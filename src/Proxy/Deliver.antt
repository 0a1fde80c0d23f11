-- ===== src/Proxy/Deliver.antt =====
-- `scatter_copy` and `deliver_to_caller` of dsound_proxy.cpp: a datagram is handed to the game's own
-- buffers. The entry in the buffer log is left out, and the pointers `bytes_received` and `inout_flags` are
-- those of a caller that passes both.
use battlezone_netcode_patch.Prelude.{
  ℕ, ◌+◌, ◌-◌, Option, none, some, List, [], ◌∷◌, ◌++◌, take, drop, ltb, ◌==◌, if◌then◌else◌, inc64,
}
use battlezone_netcode_patch.Prelude.Int.{ℤ, pos, negsuc, ltb_ℤ, pos_part}
use battlezone_netcode_patch.Reorder.{ReorderStats}
use battlezone_netcode_patch.Proxy.{WsaBuf}

-- The rest of the loop after a buffer that stays as it is.
abbrev pub past : WsaBuf → ℕ × List WsaBuf → ℕ × List WsaBuf
past b (done, bs) = (done, b ∷ bs)

-- memcpy of `n` bytes to the start of a buffer.
abbrev pub copied_into : List ℕ → ℕ → List ℕ → List ℕ
copied_into bytes n src = take n src ++ drop n bytes

abbrev pub chunk_of : ℕ → ℕ → ℕ
chunk_of left len = if ltb len left then len else left

-- One buffer, with the rest of the loop: a null or empty one is skipped.
abbrev pub scatter_one :
    Option (List ℕ) → ℕ → List ℕ → ℕ → ℕ → (ℕ → ℕ × List WsaBuf) → ℕ × List WsaBuf
scatter_one none len src srclen done rest = past (record { buf = none; len = len }) (rest done)
scatter_one (some bytes) len src srclen done rest =
    let n = chunk_of (srclen - done) len in
    if len == 0
    then past (record { buf = some bytes; len = len }) (rest done)
    else past (record { buf = some (copied_into bytes n (drop done src)); len = len })
        (rest (done + n))

-- How many bytes were copied, and the buffers.
unfoldable pub scatter_copy : List WsaBuf → List ℕ → ℕ → ℕ → ℕ × List WsaBuf
scatter_copy [] src srclen done = (done, [])
scatter_copy (b ∷ bs) src srclen done =
    let r = scatter_one b.buf b.len src srclen done (λ d. scatter_copy bs src srclen d) in
    if ltb done srclen then r else (done, b ∷ bs)

-- The caller's `from` and `fromlen`, where both are not null.
pub record FromArg : Type 0 where
  pub bytes : List ℕ
  pub len : ℤ

abbrev pub sockaddr_in_bytes : ℕ
sockaddr_in_bytes = 16

abbrev pub wsaemsgsize : ℕ
wsaemsgsize = 10040

-- `MSG_PARTIAL` of the Winsock headers.
abbrev pub msg_partial : ℕ
msg_partial = 32768

-- The result of a receive, the error code, and what the hook stores through the out-parameters.
pub record Received : Type 0 where
  pub rc : ℤ
  pub wsa : ℕ
  pub bytes_received : Option ℕ
  pub flags : Option ℕ
  pub buffers : List WsaBuf
  pub from : Option FromArg

abbrev pub from_out : Option FromArg → List ℕ → Option FromArg
from_out none src = none
from_out (some f) src =
    let sa = if ltb_ℤ f.len (pos sockaddr_in_bytes) then f.len else pos sockaddr_in_bytes in
    some (record {
      bytes = if ltb_ℤ (pos 0) sa then copied_into f.bytes (pos_part sa) src else f.bytes;
      len = pos sockaddr_in_bytes;
    })

-- `src` is the source address as bytes.
unfoldable pub deliver_to_caller :
    ReorderStats → List WsaBuf → Option FromArg → List ℕ → List ℕ → ℕ → Received × ReorderStats
deliver_to_caller st buffers from src payload len =
    let (copied, buffers') = scatter_copy buffers payload len 0 in
    let truncated = ltb copied len in
    (
      record {
        rc = if truncated then negsuc 0 else pos 0;
        wsa = if truncated then wsaemsgsize else 0;
        bytes_received = some copied;
        flags = some (if truncated then msg_partial else 0);
        buffers = buffers';
        from = from_out from src;
      },
      (if truncated then record st { truncated = inc64 st.truncated } else st),
    )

Work required:
Output the entire listing exactly as it appears above.

Worked solution:
filename src/Proxy/Deliver.antt
repository 0a1fde80c0d23f11
-- ===== src/Proxy/Deliver.antt =====
-- `scatter_copy` and `deliver_to_caller` of dsound_proxy.cpp: a datagram is handed to the game's own
-- buffers. The entry in the buffer log is left out, and the pointers `bytes_received` and `inout_flags` are
-- those of a caller that passes both.
use battlezone_netcode_patch.Prelude.{
  ℕ, ◌+◌, ◌-◌, Option, none, some, List, [], ◌∷◌, ◌++◌, take, drop, ltb, ◌==◌, if◌then◌else◌, inc64,
}
use battlezone_netcode_patch.Prelude.Int.{ℤ, pos, negsuc, ltb_ℤ, pos_part}
use battlezone_netcode_patch.Reorder.{ReorderStats}
use battlezone_netcode_patch.Proxy.{WsaBuf}

-- The rest of the loop after a buffer that stays as it is.
abbrev pub past : WsaBuf → ℕ × List WsaBuf → ℕ × List WsaBuf
past b (done, bs) = (done, b ∷ bs)

-- memcpy of `n` bytes to the start of a buffer.
abbrev pub copied_into : List ℕ → ℕ → List ℕ → List ℕ
copied_into bytes n src = take n src ++ drop n bytes

abbrev pub chunk_of : ℕ → ℕ → ℕ
chunk_of left len = if ltb len left then len else left

-- One buffer, with the rest of the loop: a null or empty one is skipped.
abbrev pub scatter_one :
    Option (List ℕ) → ℕ → List ℕ → ℕ → ℕ → (ℕ → ℕ × List WsaBuf) → ℕ × List WsaBuf
scatter_one none len src srclen done rest = past (record { buf = none; len = len }) (rest done)
scatter_one (some bytes) len src srclen done rest =
    let n = chunk_of (srclen - done) len in
    if len == 0
    then past (record { buf = some bytes; len = len }) (rest done)
    else past (record { buf = some (copied_into bytes n (drop done src)); len = len })
        (rest (done + n))

-- How many bytes were copied, and the buffers.
unfoldable pub scatter_copy : List WsaBuf → List ℕ → ℕ → ℕ → ℕ × List WsaBuf
scatter_copy [] src srclen done = (done, [])
scatter_copy (b ∷ bs) src srclen done =
    let r = scatter_one b.buf b.len src srclen done (λ d. scatter_copy bs src srclen d) in
    if ltb done srclen then r else (done, b ∷ bs)

-- The caller's `from` and `fromlen`, where both are not null.
pub record FromArg : Type 0 where
  pub bytes : List ℕ
  pub len : ℤ

abbrev pub sockaddr_in_bytes : ℕ
sockaddr_in_bytes = 16

abbrev pub wsaemsgsize : ℕ
wsaemsgsize = 10040

-- `MSG_PARTIAL` of the Winsock headers.
abbrev pub msg_partial : ℕ
msg_partial = 32768

-- The result of a receive, the error code, and what the hook stores through the out-parameters.
pub record Received : Type 0 where
  pub rc : ℤ
  pub wsa : ℕ
  pub bytes_received : Option ℕ
  pub flags : Option ℕ
  pub buffers : List WsaBuf
  pub from : Option FromArg

abbrev pub from_out : Option FromArg → List ℕ → Option FromArg
from_out none src = none
from_out (some f) src =
    let sa = if ltb_ℤ f.len (pos sockaddr_in_bytes) then f.len else pos sockaddr_in_bytes in
    some (record {
      bytes = if ltb_ℤ (pos 0) sa then copied_into f.bytes (pos_part sa) src else f.bytes;
      len = pos sockaddr_in_bytes;
    })

-- `src` is the source address as bytes.
unfoldable pub deliver_to_caller :
    ReorderStats → List WsaBuf → Option FromArg → List ℕ → List ℕ → ℕ → Received × ReorderStats
deliver_to_caller st buffers from src payload len =
    let (copied, buffers') = scatter_copy buffers payload len 0 in
    let truncated = ltb copied len in
    (
      record {
        rc = if truncated then negsuc 0 else pos 0;
        wsa = if truncated then wsaemsgsize else 0;
        bytes_received = some copied;
        flags = some (if truncated then msg_partial else 0);
        buffers = buffers';
        from = from_out from src;
      },
      (if truncated then record st { truncated = inc64 st.truncated } else st),
    )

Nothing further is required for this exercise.